企業と企業を結びつける「結婚」に例えられる一大プロジェクト、M&A。単純なマッチングではなく、そのマネジメントを徹底的に行い、懇切丁寧に伴走するのが株式会社オンデックだ。誠実な対応を通してクライアントと信頼関係を構築し、成長し続けている会社である。今回は代表取締役社長の久保良介氏に、創業時からの企業努力、そして今後の展望についてうかがった。

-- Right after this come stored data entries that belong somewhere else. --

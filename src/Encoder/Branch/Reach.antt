-- ===== src/Encoder/Branch/Reach.antt =====
-- Encoding and relocation together: the linked word of a branch or of an address goes to the target.
use bcpl.Prelude.{
  ℕ, ◌+◌, ◌-◌, ◌*◌, ◌/◌, ◌%◌, ◌^◌, ◌<◌, ◌≤◌, ◌≡◌, sym, ◌∙◌, ap, arith, Bool, Text, codes, ok,
  >>=-eq-ok, some,
}
use bcpl.BitPatcher.Fields.{patch_fresh}
use bcpl.Instruction.{Instruction, OpType, RelocationType}
use bcpl.Arm64.{b, bl, b_cond, cbz, cbnz, decode, decode-branch, branch}
use bcpl.Linker.{relocate_word}
use bcpl.Linker.Relocate.{branch_to, relocate_word-branch_26, relocate_word-branch_19}
use bcpl.Encoder.Registers.{get_reg_encoding, get_reg_encoding-le}
use bcpl.Encoder.Operands.Fits.{bit, bit-le, patch_sf_lem}
use bcpl.Encoder.Branch.{
  create_branch_unconditional, create_branch_with_link, create_branch_conditional,
  get_condition_code, get_condition_code-lt, opt_create_cbz, opt_create_cbnz, compare_and_branch,
  starts_with_x,
}

decode_b : (w : ℕ) → w / 2 ^ 26 ≡ 5 → decode w ≡ some (b (w % 2 ^ 26))
unfolding branch
decode_b w h = decode-branch w (omega arith) ∙ ground arith

decode_bl : (w : ℕ) → w / 2 ^ 26 ≡ 37 → decode w ≡ some (bl (w % 2 ^ 26))
unfolding branch
decode_bl w h = decode-branch w (omega arith) ∙ ground arith

decode_b_cond :
    (w c : ℕ)
    → w / 2 ^ 24 ≡ 0x54
    → w % 2 ^ 5 ≡ c
    → c < 16
    → decode w ≡ some (b_cond c (w / 2 ^ 5 % 2 ^ 19))
unfolding branch
decode_b_cond w c h hc lc = decode-branch w (omega arith) ∙ ground arith

decode_cbz :
    (sf : Bool) (w rt : ℕ)
    → w / 2 ^ 24 ≡ 0x34 + bit sf * 128
    → w % 2 ^ 5 ≡ rt
    → decode w ≡ some (cbz sf rt (w / 2 ^ 5 % 2 ^ 19))
unfolding branch
decode_cbz sf w rt h hr = decode-branch w (omega (arith, bit-le)) ∙ ground arith

decode_cbnz :
    (sf : Bool) (w rt : ℕ)
    → w / 2 ^ 24 ≡ 0x35 + bit sf * 128
    → w % 2 ^ 5 ≡ rt
    → decode w ≡ some (cbnz sf rt (w / 2 ^ 5 % 2 ^ 19))
unfolding branch
decode_cbnz sf w rt h hr = decode-branch w (omega (arith, bit-le)) ∙ ground arith

-- The relocation of an instruction whose kind and word are known.
pub relocated :
    (instr : Instruction) (address target : ℕ) {kind : RelocationType} {v w : ℕ}
    → instr.relocation ≡ kind
    → instr.encoding ≡ v
    → relocate_word kind v address target ≡ ok w
    → relocate_word instr.relocation instr.encoding address target ≡ ok w
relocated instr address target {kind} ek ev er =
    ap (λ k. relocate_word k instr.encoding address target) ek
    ∙ ap (λ v. relocate_word kind v address target) ev
    ∙ er

pub unrelocated :
    (instr : Instruction) (address target : ℕ) {kind : RelocationType} {v w : ℕ}
    → instr.relocation ≡ kind
    → instr.encoding ≡ v
    → relocate_word instr.relocation instr.encoding address target ≡ ok w
    → relocate_word kind v address target ≡ ok w
unrelocated instr address target {kind} ek ev er =
    sym (
      ap (λ k. relocate_word k instr.encoding address target) ek
      ∙ ap (λ v. relocate_word kind v address target) ev)
    ∙ er

module _ (address target : ℕ) (address_aligned : address % 4 ≡ 0) (target_aligned : target % 4 ≡ 0)
    (address_fits : address < 2 ^ 64) (target_fits : target < 2 ^ 64) where
  module _ (near : target ≤ address + 4 * (2 ^ 25 - 1)) (far : address ≤ target + 4 * 2 ^ 25) where
    -- A B instruction, relocated with a target at most 2^25 words back or 2^25 - 1 words forward, decodes to
    -- a B that goes to the target. Both addresses are multiples of 4 below 2^64.
    pub create_branch_unconditional-reaches :
        (label_name : Text)
        → (w : ℕ) × (imm : ℕ) × (let instr = create_branch_unconditional label_name in
            relocate_word instr.relocation instr.encoding address target ≡ ok w)
          × (decode w ≡ some (b imm))
          × (branch_to 26 address imm ≡ target)
    unfolding create_branch_unconditional
    create_branch_unconditional-reaches label_name =
        let (w, e, reached, kept) =
          relocate_word-branch_26 0x14000000 address target (omega arith) address_aligned
            target_aligned address_fits target_fits near far in
        (w, w % 2 ^ 26, e, decode_b w (omega (arith, kept)), reached)

    -- A BL instruction, relocated with a target at most 2^25 words back or 2^25 - 1 words forward, decodes
    -- to a BL that goes to the target. Both addresses are multiples of 4 below 2^64.
    pub create_branch_with_link-reaches :
        (label_name : Text)
        → (w : ℕ) × (imm : ℕ) × (let instr = create_branch_with_link label_name in
            relocate_word instr.relocation instr.encoding address target ≡ ok w)
          × (decode w ≡ some (bl imm))
          × (branch_to 26 address imm ≡ target)
    unfolding create_branch_with_link
    create_branch_with_link-reaches label_name =
        let (w, e, reached, kept) =
          relocate_word-branch_26 0x94000000 address target (omega arith) address_aligned
            target_aligned address_fits target_fits near far in
        (w, w % 2 ^ 26, e, decode_bl w (omega (arith, kept)), reached)

  module _ (near : target ≤ address + 4 * (2 ^ 18 - 1)) (far : address ≤ target + 4 * 2 ^ 18) where
    -- A conditional branch that was encoded, relocated with a target at most 2^18 words back or 2^18 - 1
    -- words forward, decodes to a B.cond with the code of its condition that goes to the target. Both
    -- addresses are multiples of 4 below 2^64.
    pub create_branch_conditional-reaches :
        (condition label_name : Text) {instr : Instruction}
        → create_branch_conditional condition label_name ≡ ok instr
        → (w : ℕ) × (c : ℕ) × (imm : ℕ) × (relocate_word instr.relocation instr.encoding address
              target
            ≡ ok w)
          × (get_condition_code condition ≡ ok c)
          × (decode w ≡ some (b_cond c imm))
          × (branch_to 19 address imm ≡ target)
    unfolding create_branch_conditional
    create_branch_conditional-reaches condition label_name {instr} e =
        let (c, ec, e1) = >>=-eq-ok (get_condition_code condition) _ e in
        let small = get_condition_code-lt condition ec in
        let e2 =
          rw
            (patch_fresh 0x54000000 c 0 4 (omega arith) (omega arith) (omega arith) (omega arith)
              (omega arith))
            at e1 in
        let same_word : instr.encoding ≡ 0x54000000 + c = ground arith in
        let same_kind : instr.relocation ≡ RelocationType.pc_relative_19_bit_offset =
          ground arith in
        let (w, er, reached, high, low) =
          relocate_word-branch_19 (0x54000000 + c) address target (omega arith) address_aligned
            target_aligned address_fits target_fits near far in
        (
          w,
          c,
          w / 2 ^ 5 % 2 ^ 19,
          relocated instr address target same_kind same_word er,
          ec,
          decode_b_cond w c (omega (arith, high)) (omega (arith, low)) small,
          reached,
        )

    compare_and_branch-reaches :
        (base : ℕ) (op : OpType) (mnemonic xt label_name : Text) {instr : Instruction}
        → base % 2 ^ 5 ≡ 0
        → base < 2 ^ 31
        → compare_and_branch base op mnemonic xt label_name ≡ ok instr
        → (w : ℕ) × (rt : ℕ) × (relocate_word instr.relocation instr.encoding address target ≡ ok w)
          × (get_reg_encoding xt ≡ ok rt)
          × (branch_to 19 address (w / 2 ^ 5 % 2 ^ 19) ≡ target)
          × (w / 2 ^ 24 ≡ (base + bit (starts_with_x xt) * 2 ^ 31) / 2 ^ 24)
          × (w % 2 ^ 5 ≡ rt)
    unfolding compare_and_branch
    compare_and_branch-reaches base op mnemonic xt label_name {instr} hb hs e =
        let (rt, et, e1) = >>=-eq-ok (get_reg_encoding xt) _ e in
        let small = get_reg_encoding-le xt et in
        let w0 = base + bit (starts_with_x xt) * 2 ^ 31 in
        let e2 =
          rw
            (
              patch_sf_lem (starts_with_x xt) base hs,
              patch_fresh w0 rt 0 5 (omega (arith, bit-le)) (omega arith) (omega arith)
                  (omega arith) (omega (arith, bit-le)),
            )
            at e1 in
        let same_word : instr.encoding ≡ w0 + rt = ground arith in
        let same_kind : instr.relocation ≡ RelocationType.pc_relative_19_bit_offset =
          ground arith in
        let (w, er, reached, high, low) =
          relocate_word-branch_19 (w0 + rt) address target (omega (arith, bit-le)) address_aligned
            target_aligned address_fits target_fits near far in
        (
          w,
          rt,
          relocated instr address target same_kind same_word er,
          et,
          reached,
          omega (arith, high, bit-le),
          omega (arith, low, bit-le),
        )

    -- A CBZ that was encoded, relocated with a target at most 2^18 words back or 2^18 - 1 words forward,
    -- decodes to a CBZ of its register that goes to the target, of 64 bits exactly when the register's name
    -- starts with an x. Both addresses are multiples of 4 below 2^64.
    pub opt_create_cbz-reaches :
        (xt label_name : Text) {instr : Instruction}
        → opt_create_cbz xt label_name ≡ ok instr
        → (w : ℕ) × (rt : ℕ) × (imm : ℕ) × (relocate_word instr.relocation instr.encoding address
              target
            ≡ ok w)
          × (get_reg_encoding xt ≡ ok rt)
          × (decode w ≡ some (cbz (starts_with_x xt) rt imm))
          × (branch_to 19 address imm ≡ target)
    unfolding opt_create_cbz
    opt_create_cbz-reaches xt label_name e =
        let (w, rt, er, et, reached, high, low) =
          compare_and_branch-reaches 0x34000000 OpType.cbz (codes "CBZ") xt label_name (omega arith)
            (omega arith) e in
        (
          w,
          rt,
          w / 2 ^ 5 % 2 ^ 19,
          er,
          et,
          decode_cbz (starts_with_x xt) w rt (omega (arith, high, bit-le)) low,
          reached,
        )

    -- A CBNZ that was encoded, relocated with a target at most 2^18 words back or 2^18 - 1 words forward,
    -- decodes to a CBNZ of its register that goes to the target, of 64 bits exactly when the register's
    -- name starts with an x. Both addresses are multiples of 4 below 2^64.
    pub opt_create_cbnz-reaches :
        (xt label_name : Text) {instr : Instruction}
        → opt_create_cbnz xt label_name ≡ ok instr
        → (w : ℕ) × (rt : ℕ) × (imm : ℕ) × (relocate_word instr.relocation instr.encoding address
              target
            ≡ ok w)
          × (get_reg_encoding xt ≡ ok rt)
          × (decode w ≡ some (cbnz (starts_with_x xt) rt imm))
          × (branch_to 19 address imm ≡ target)
    unfolding opt_create_cbnz
    opt_create_cbnz-reaches xt label_name e =
        let (w, rt, er, et, reached, high, low) =
          compare_and_branch-reaches 0x35000000 OpType.cbnz (codes "CBNZ") xt label_name
            (omega arith) (omega arith) e in
        (
          w,
          rt,
          w / 2 ^ 5 % 2 ^ 19,
          er,
          et,
          decode_cbnz (starts_with_x xt) w rt (omega (arith, high, bit-le)) low,
          reached,
        )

業界トップクラスのクオリティで勝負できる会社に成長するまで

ーー起業のきっかけを教えてください。

久保良介:
もともと、M&Aありきで起業しようとしたわけではなく、起業しようと先に決めて、どんなプランで業務を進めようかと考えたのが24〜25歳の頃で、実際に起業したのが29歳でした。大学卒業まではずっと野球ばかりやっていたので、将来のキャリアについてはあまり考えていませんでした。キャリアプランは、社会人になってから考えればいいと思っていましたね。

偶然、財界で有名な方とのご縁を得て、その方に私のキャリアについて相談したところ、起業することを勧められました。そこで初めて起業という選択肢が生まれたのです。

ーーM&Aを選んだ理由を教えてください。

久保良介:
学生の頃から、社会に貢献できる事業にとても興味がありました。そんな中、私の恩師が、社会貢献のために仕事をしなくても、ビジネスで成功をして得たお金や人脈で、社会活動をすればいいというふうにおっしゃってくださいました。

そこで、色々なビジネスプランを考え、比較検討する中で、M&Aが最もビジネスとして成功する確率が高く、また、ビジネスを通じて社会に大きなイノベーションを起こしうると考え、この分野での起業を決めました。

ーーM&Aの知識やノウハウはどこで得たのですか?

久保良介:
前職は商社でしたので、もちろんM&Aについては経験がありませんでした。そのため、まずはM&Aの知識を書籍から学びました。相当勉強したと自負しています。

実践的なノウハウは、起業してから試行錯誤しながら学んでいきました。当時は、そこまでM&Aが盛んではなく、情報も全くありませんでしたので、知り合いを経由して弁護士さんや会計士さんなどのツテをたどり、教えを請いながら実践的なノウハウを蓄積していきました。M&A業務における、リーガルリスクやストラクチャリングなども、弁護士さんや会計士さんに1つひとつ相談して、解決していきました。

今でこそ、後継者問題に端を発した中小企業のM&Aというのはかなり認知が進んでおり、M&Aの情報も溢れているので、今であればこの分野で起業するのはけっこう簡単だろうな、とは思います。

ーー実際に起業して、想定外だったことはありましたか。

久保良介:
書籍に載っていない、実践的な部分や情緒的な部分の影響が、こちらが想定していた10倍くらい大きかったことです。オーナーやご家族、役員、従業員など、取引先のステークホルダーの心情を理解して、ケアして伴走をしていくことが一番難しかったですね。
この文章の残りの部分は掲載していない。